La realidad inteligible de vivir es la concreción de lo que comprende y concierta la existencia humana. La acción de existir, tomada como oposición a la esencia de existir, constituye la vida misma del hombre, abarcando en simultaneidad ambas cosas. Todo lo que por impulso reflexivo nace y se produce en nosotros, con más la incidencia extraña, es lo que se absorbe como modo de vivir, proceso de nuestra manera de ser.
Esa "manera de ser" es la ejercitación continua de la personalidad, y en ello entran tanto los aspectos materiales como los espirituales, obviamente porque somos espíritu y materia, intrínseca urdimbre del ser racional.
Pero la racionalidad no proviene de lo material y su relatividad, si no de lo subjetivo, como privada instancia determinativa formada por el espíritu, la inteligencia, y el discernimiento. De estas tres índoles, en la inteligencia se precisa el criterio, al que corresponde dilucidar el por qué y el para qué de la vida.
Solamente en esa esfera se puede llegar a entender lo que significa la vida y su vivir. La escala de estimación es tan vasta, como lo es el polifacético sentir de las personas. Mientras más profundicemos en el espíritu, más se nos darán sus dones y secretos, más entenderemos el proceso de lo que es vivir, abierta el alma y lúcida la mente, a la vez.

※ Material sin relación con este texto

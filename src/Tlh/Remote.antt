-- ===== src/Tlh/Remote.antt =====
-- The batch of blocks that a thread frees for another one.
use lzmalloc.Base.{
  Chain, ◌++◌, update, mem-append, List, [], ◌∷◌, mem, subst, sym, ◌<◌, ℕ, ◌≤◌, ◌≡◌, ◌≢◌, ◌⊎◌, inl,
  inr, refl, arith, Bool, true, false, not, ◌==◌, ==_self, ◌||◌, ◌&&◌, leb, ltb, if◌then◌else◌,
  update_self, Bool-cases, ap, ◌∙◌,
}
use lzmalloc.Config.{batch_max_size}
use lzmalloc.Memory.{Batch, Tlh, World, set_node}
use lzmalloc.Tlh.Outgoing.{
  batch_of, IsBatch, grow-IsBatch, flush-mailbox, IsBatch-frame, Chain-store,
}
use lzmalloc.Tlh.{flush_outgoing_batch}
use lzmalloc.Tlh.Free.{free_remote, retarget, extend_batch, grow}

-- A flush leaves no batch where there was one with a target.
flushed_batch :
    (tlh : ℕ) (w : World)
    → (w.tlhs tlh).outgoing_batch.count ≡ 0 ⊎ (w.tlhs tlh).outgoing_batch.target_tlh ≢ 0
    → ((flush_outgoing_batch tlh w).tlhs tlh).outgoing_batch.count ≡ 0
unfolding flush_outgoing_batch
flushed_batch tlh w ok =
    elim (Bool-cases
      ((w.tlhs tlh).outgoing_batch.count == 0 || (w.tlhs tlh).outgoing_batch.target_tlh == 0)) [
        | inl e ↦ rw e (ground (arith, ok, e))
        | inr e ↦ rw (e, ==_self tlh) refl
      ]

batch_of-extend_batch :
    (tlh ptr : ℕ) (w : World) → batch_of tlh (extend_batch tlh ptr w) ≡ grow ptr (batch_of tlh w)
unfolding extend_batch
batch_of-extend_batch tlh ptr w =
    ap (λ t. t.outgoing_batch)
      (update_self w.tlhs tlh (record (w.tlhs tlh) { outgoing_batch = grow ptr (batch_of tlh w) }))

-- the batch has room for a block of `owner`
abbrev pub goes_on : ℕ → Batch → Bool
goes_on owner b = b.target_tlh == owner && ltb b.count batch_max_size

batch_of-retarget :
    (tlh owner : ℕ) (w : World)
    → ((batch_of tlh w).count ≡ 0) ⊎ ((batch_of tlh w).target_tlh ≢ 0)
    → ((batch_of tlh (retarget tlh owner w)).target_tlh ≡ owner)
      × ((batch_of tlh (retarget tlh owner w)).count
          ≡ (if goes_on owner (batch_of tlh w) then (batch_of tlh w).count else 0))
unfolding retarget
batch_of-retarget tlh owner w ok =
    let old = batch_of tlh w in
    let flushed = flush_outgoing_batch tlh w in
    let t = flushed.tlhs tlh in
    let t' : Tlh = record t { outgoing_batch = record t.outgoing_batch { target_tlh = owner } } in
    let stored = update_self flushed.tlhs tlh t' in
    elim (Bool-cases (not (old.target_tlh == owner) || leb batch_max_size old.count)) [
      | inl e ↦
          let other : goes_on owner old ≡ false = ground (arith, e) in
          rw (e, other)
            (
              ap (λ (x : Tlh). x.outgoing_batch.target_tlh) stored,
              ap (λ (x : Tlh). x.outgoing_batch.count) stored ∙ flushed_batch tlh w ok,
            )
      | inr e ↦
          let same : goes_on owner old ≡ true = ground (arith, e) in
          let target : old.target_tlh ≡ owner = ground (arith, e) in rw (e, same) (target, refl)
    ]

extend_batch_mailboxes :
    (tlh ptr a : ℕ) (w : World)
    → ((extend_batch tlh ptr w).tlhs a).remote_free_head ≡ (w.tlhs a).remote_free_head
unfolding extend_batch
extend_batch_mailboxes tlh ptr a w = ground arith

extend_batch_nodes :
    (tlh ptr : ℕ) (w : World)
    → (extend_batch tlh ptr w).nodes ≡ update w.nodes ptr (batch_of tlh w).head
unfolding extend_batch
extend_batch_nodes tlh ptr w = refl

retarget_same :
    (tlh owner : ℕ) (w : World) → goes_on owner (batch_of tlh w) ≡ true → retarget tlh owner w ≡ w
unfolding retarget
retarget_same tlh owner w on =
    let stays : (not ((batch_of tlh w).target_tlh == owner)
          || leb batch_max_size (batch_of tlh w).count)
        ≡ false =
      ground (arith, on) in
    rw stays refl

retarget_other :
    (tlh owner : ℕ) (w : World)
    → goes_on owner (batch_of tlh w) ≡ false
    → let w' = flush_outgoing_batch tlh w in
      ((retarget tlh owner w).nodes ≡ w'.nodes)
      × ((a : ℕ) → ((retarget tlh owner w).tlhs a).remote_free_head ≡ (w'.tlhs a).remote_free_head)
unfolding retarget
retarget_other tlh owner w off =
    let leaves : (not ((batch_of tlh w).target_tlh == owner)
          || leb batch_max_size (batch_of tlh w).count)
        ≡ true =
      ground (arith, off) in
    rw leaves (refl, λ a. ground arith)

-- the block in front of the batch, and a mailbox that it is not in
extend_batch-IsBatch :
    (tlh ptr box : ℕ) (u : World) (xs ys : List ℕ)
    → ptr ≢ 0
    → (batch_of tlh u).count < batch_max_size
    → mem ptr xs ≡ false
    → mem ptr ys ≡ false
    → IsBatch u.nodes (batch_of tlh u) xs
    → Chain u.nodes (u.tlhs box).remote_free_head ys
    → let w' = extend_batch tlh ptr u in
      IsBatch w'.nodes (batch_of tlh w') (ptr ∷ xs)
      × Chain w'.nodes (w'.tlhs box).remote_free_head ys
extend_batch-IsBatch tlh ptr box u xs ys nz lt out out' batch c =
    let b = batch_of tlh u in
    let nodes : ℕ → ℕ = update u.nodes ptr b.head in
    rw
      (
        extend_batch_nodes tlh ptr u,
        batch_of-extend_batch tlh ptr u,
        extend_batch_mailboxes tlh ptr box u,
      )
      (
        grow-IsBatch u.nodes nodes ptr b xs nz lt out batch (update_self u.nodes ptr b.head)
            (λ a off. ground (arith, off)),
        Chain-store ptr b.head u.nodes _ ys out' c,
      )

-- Freeing a block of another thread loses no block. The batch of the thread is the list `xs` of at
-- most 64 blocks, which leads in clear from its head to its tail, and it has a target unless it is
-- empty; the mailbox of the heap that it is for is the list `ys`; the lists share no block, and the
-- block that is freed is not NULL and on neither of them. Afterwards the batch is for the owner and
-- has at most 64 blocks. If it was for the owner and not full, it is the block followed by `xs`,
-- and the mailbox is `ys` still; else it is the block alone, and the mailbox is `xs` followed by
-- `ys`.
pub free_remote-IsBatch :
    (tlh owner ptr : ℕ) (w : World) (xs ys : List ℕ)
    → ptr ≢ 0
    → (batch_of tlh w).count ≤ batch_max_size
    → ((batch_of tlh w).count ≡ 0) ⊎ ((batch_of tlh w).target_tlh ≢ 0)
    → IsBatch w.nodes (batch_of tlh w) xs
    → Chain w.nodes (w.tlhs (batch_of tlh w).target_tlh).remote_free_head ys
    → ((a : ℕ) → mem a xs ≡ true → mem a ys ≡ false)
    → mem ptr (xs ++ ys) ≡ false
    → let w' = free_remote tlh owner ptr w in
      let b = batch_of tlh w' in
      let mailbox = (w'.tlhs (batch_of tlh w).target_tlh).remote_free_head in
      (b.target_tlh ≡ owner)
      × (b.count ≤ batch_max_size)
      × IsBatch w'.nodes b (if goes_on owner (batch_of tlh w) then ptr ∷ xs else ptr ∷ [])
      × Chain w'.nodes mailbox (if goes_on owner (batch_of tlh w) then ys else xs ++ ys)
unfolding free_remote
free_remote-IsBatch tlh owner ptr w xs ys nz bound ok batch box_list apart out =
    let v = set_node ptr 0 w in
    let u = retarget tlh owner v in
    let box = (batch_of tlh w).target_tlh in
    let (target, count) = batch_of-retarget tlh owner v ok in
    let (out_xs, out_ys) : (mem ptr xs ≡ false) × (mem ptr ys ≡ false) =
      (ground (arith, mem-append ptr xs ys, out), ground (arith, mem-append ptr xs ys, out)) in
    let grown = batch_of-extend_batch tlh ptr u in
    let stored : IsBatch v.nodes (batch_of tlh v) xs =
      IsBatch-frame ptr 0 w.nodes (batch_of tlh w) xs out_xs batch in
    let boxed : Chain v.nodes (v.tlhs box).remote_free_head ys =
      Chain-store ptr 0 w.nodes _ ys out_ys box_list in
    elim (Bool-cases (goes_on owner (batch_of tlh w))) [
      | inl on ↦
          let (b, c) =
            extend_batch-IsBatch tlh ptr box u xs ys nz (ground (arith, count, on)) out_xs out_ys
              (subst (λ x. IsBatch x.nodes (batch_of tlh x) xs) (sym (retarget_same tlh owner v on))
                stored)
              (subst (λ x. Chain x.nodes (x.tlhs box).remote_free_head ys)
                (sym (retarget_same tlh owner v on)) boxed) in
          rw on (
            ap (λ (x : Batch). x.target_tlh) grown ∙ target,
            rw grown (ground (arith, count, on, bound)),
            b,
            c,
          )
      | inr off ↦
          let (same, boxes) = retarget_other tlh owner v off in
          let (b, c) =
            extend_batch-IsBatch tlh ptr box u [] (xs ++ ys) nz (ground (arith, count, off)) refl
              out (ground (arith, count, off), inl refl)
              (rw (same, boxes box) (flush-mailbox tlh v xs ys ok stored boxed apart)) in
          rw off (
            ap (λ (x : Batch). x.target_tlh) grown ∙ target,
            rw grown (ground (arith, count, off)),
            b,
            c,
          )
    ]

Para algunos, apenas si la vida es un rielo en un lago insondable, que siempre les será desconocido; para otros, es la prontitud en la saciedad de sus ambiciones; los ignorantes del espíritu encuentran en el materialismo el principio y fin de su "’felicidad”; unos, apenas si notan la vida que les va y les viene sin enterarse jamás que ellos son los actores; otra parte de los humanos mancha la vida con sus intenciones sometidas a lo bajo, lo innoble, lo descabellado en sus extremos; muchos se pierden en una mediocridad, de la cual no escapan nunca, y así, de incontables suertes, el conglomerado humano vive, convive, y también subvive.
No obstante, el alma -principio sensitivo en el hombre- no se conforma con las trivialidades y mezquindades del mundo, y busca al espíritu que abriga para exaltarlo en la búsqueda de lo superior. Esto, lo elevado, desarrolla, agranda, activa e ilumina la capacidad sensitiva, permitiendo que la grandeza se arrime al corazón.
(*) Escritor.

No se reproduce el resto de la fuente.